A few sentences from the “noble discourse” spoken by M. Renan at Turgénief’s tomb, on Oct. 1, 1883, will fittingly bring this note to a close.
“Turgénief was an eminent writer. He was, above all, a great man. I shall speak to you only of his soul as it always appeared to me in the pleasant retreat which an illustrious friendship had provided for him among us.
“Turgénief received, by that mysterious decree which makes human avocations, the noblest gift of all: he was born essentially impersonal. His consciousness was not that of an individual more or less finely endowed by nature: he was in some sort the consciousness of a people. Before his birth he had lived thousands of years; infinite series of visions were concentrated in the depths of his heart. No man has been to such a degree the incarnation of an entire race. A world lived in him, spoke by his lips; generations of ancestors lost in the sleep of ages, without voices, through him came to life and to speech.
“The silent genius of collective masses is the source of all great things. But the masses have no voice. They can only feel and stammer. They need an interpreter, a prophet, to speak for them. Who shall be this prophet? Who shall tell their sufferings, denied by those who are interested in not seeing them, their secret aspirations which upset the sanctimonious optimism of the contented? The great man, gentlemen, when he is at once a man of genius and a man of heart. That is why the great man is least free of all men. He does not do, he does not say, what he wishes. A God speaks in him; ten centuries of suffering and of hope possess him and rule him. Sometimes it happens to him, as to the seer in the ancient stories of the Bible, that, when called upon to curse, he blesses; according to the spirit which moves, his tongue refuses to obey.
“It is to the honor of the great Slav race, whose appearance in the world’s foreground is the most unexpected phenomenon of our century, that it was first expressed by a master so accomplished. Never were the mysteries of an obscure and still contradictory consciousness revealed with such marvellous insight. It was because Turgénief at once felt, and perceived that he felt: he was the people, and he was of the elect. He was as sensitive as a woman and as impassive as a surgeon, as free from illusions as a philosopher and as tender as a child. Happy the race, which, at its beginning a life of reflection, can be represented by such images, simple-hearted as well as learned, at once real and mystical.
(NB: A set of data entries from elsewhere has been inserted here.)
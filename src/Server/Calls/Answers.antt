-- ===== src/Server/Calls/Answers.antt =====
-- What `process_command` of TCPServer.cpp has called, by its command.
use dist_cache.Prelude.{
  ◌≡◌, refl, ap, Bool, true, false, [], some, arith, Option-cases, Result, ok, throws, inl, inr,
  if_pos, if_neg,
}
use dist_cache.Text.{Text, text_dec, codes}
use dist_cache.Cache
use dist_cache.Cache.{Cache, Time}
use dist_cache.Wal.{Wal, append}
use dist_cache.Ring.{get_node}
use dist_cache.Server.{Server, Command, Outcome, process_command, after_append, default_ttl}
use dist_cache.Startup.{redo}
use dist_cache.Server.Calls.{record_of}

-- What a server has become that has written its cache, once the log has been called.
pub data Answers (s : Server) (c : Command) (cache : Cache) : Server → Bool → Type 0 where
  kept :
      {wal : Wal}
      → append s.wal c.cmd c.key c.value c.can_open ≡ ok wal
      → Answers s c cache (record s { cache = cache; wal = wal }) true
  lost :
      {what : Text}
      → append s.wal c.cmd c.key c.value c.can_open ≡ throws what
      → Answers s c cache (record s { cache = cache }) false

after_append-Answers :
    (s s' : Server) (c : Command) (o : Outcome) (cache : Cache) (target : Text)
    (result : Result Wal)
    → append s.wal c.cmd c.key c.value c.can_open ≡ result
    → some (after_append (record s { cache = cache }) target result) ≡ some (s', o)
    → Answers s c cache s' o.success
unfolding after_append
after_append-Answers s s' c o cache target (ok wal) logged e =
    let server : record s { cache = cache; wal = wal } ≡ s' = cc in
    let success : true ≡ o.success = cc in rw (← server, ← success) (kept logged)
after_append-Answers s s' c o cache target (throws what) threw e =
    let server : record s { cache = cache } ≡ s' = cc in
    let success : false ≡ o.success = cc in rw (← server, ← success) (lost threw)

abbrev pub Written : Server → Command → Server → Bool → Type 0
Written s c s' success =
    (cache : Cache) × (redo c.now s.cache (record_of c) ≡ some cache) × Answers s c cache s' success

pub set-Written :
    (s s' : Server) (c : Command) (o : Outcome)
    → c.cmd ≡ codes "SET"
    → process_command s c ≡ some (s', o)
    → Written s c s' o.success
unfolding process_command redo
set-Written s s' c o is_set e =
    elim (Option-cases (Cache.set s.cache c.key c.value default_ttl c.now)) [
      | inl stuck ↦
          absurd (let e' = rw (if_pos (text_dec c.cmd (codes "SET")) is_set, stuck) at e in cc)
      | inr (cache, ran) ↦ (
        cache,
        rw (if_pos (text_dec c.cmd (codes "SET")) is_set) ran,
        after_append-Answers s s' c o cache (get_node s.ring c.key) _
            (ap (λ op. append s.wal op c.key c.value c.can_open) is_set)
            (rw (if_pos (text_dec c.cmd (codes "SET")) is_set, ran) at e),
      )
    ]

pub del-Written :
    (s s' : Server) (c : Command) (o : Outcome)
    → c.cmd ≡ codes "DEL"
    → c.value ≡ []
    → process_command s c ≡ some (s', o)
    → Written s c s' o.success
unfolding process_command redo
del-Written s s' c o is_del empty e =
    let not_set : ¬ (c.cmd ≡ codes "SET") = λ p. ground arith in
    let not_get : ¬ (c.cmd ≡ codes "GET") = λ p. ground arith in
    let e' =
      rw
        (
          if_neg (text_dec c.cmd (codes "SET")) not_set,
          if_neg (text_dec c.cmd (codes "GET")) not_get,
          if_pos (text_dec c.cmd (codes "DEL")) is_del,
        )
        at e in
    elim (Option-cases (Cache.del s.cache c.key)) [
      | inl stuck ↦ absurd (let e'' = rw stuck at e' in cc)
      | inr (cache, ran) ↦ (
        cache,
        rw
            (
              if_neg (text_dec c.cmd (codes "SET")) not_set,
              if_pos (text_dec c.cmd (codes "DEL")) is_del,
            )
            ran,
        after_append-Answers s s' c o cache (get_node s.ring c.key) _ (rw (is_del, empty) refl)
            (rw ran at e'),
      )
    ]

pub get_looks :
    (s s' : Server) (c : Command) (o : Outcome)
    → c.cmd ≡ codes "GET"
    → process_command s c ≡ some (s', o)
    → (record s { cache = (Cache.get s.cache c.key c.now c.later).0 } ≡ s') × (true ≡ o.success)
unfolding process_command
get_looks s s' c o is_get e =
    let not_set : ¬ (c.cmd ≡ codes "SET") = λ p. ground arith in
    let e' =
      rw
        (
          if_neg (text_dec c.cmd (codes "SET")) not_set,
          if_pos (text_dec c.cmd (codes "GET")) is_get,
        )
        at e in
    (cc, cc)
“When the future shall have brought to their real proportions the surprises kept in reserve for us by this wonderful Slav genius, with its ardent faith, its depth of intuition, its individual idea of life and death, its martyr spirit, its thirst for the ideal, Turgénief’s paintings will be priceless documents, something, as it were, like the portrait of a man of genius, if it were possible to be had, taken in his infancy. The perilous solemnity of his duty as interpreter of one of the great families of humanity, Turgénief clearly saw. He felt that he had souls in his charge; and, as he was a man of honor, he weighed each of his words. He trembled for what he said, and what he did not say.
“His mission was thus wholly that of the peacemaker. He was like the God of the Book of Job, who ‘makes peace upon the heights.’ What everywhere else caused discord became with him a principle of harmony. In his great bosom, contradictions united. Cursing and hatred were disarmed by the magic enchantments of his art.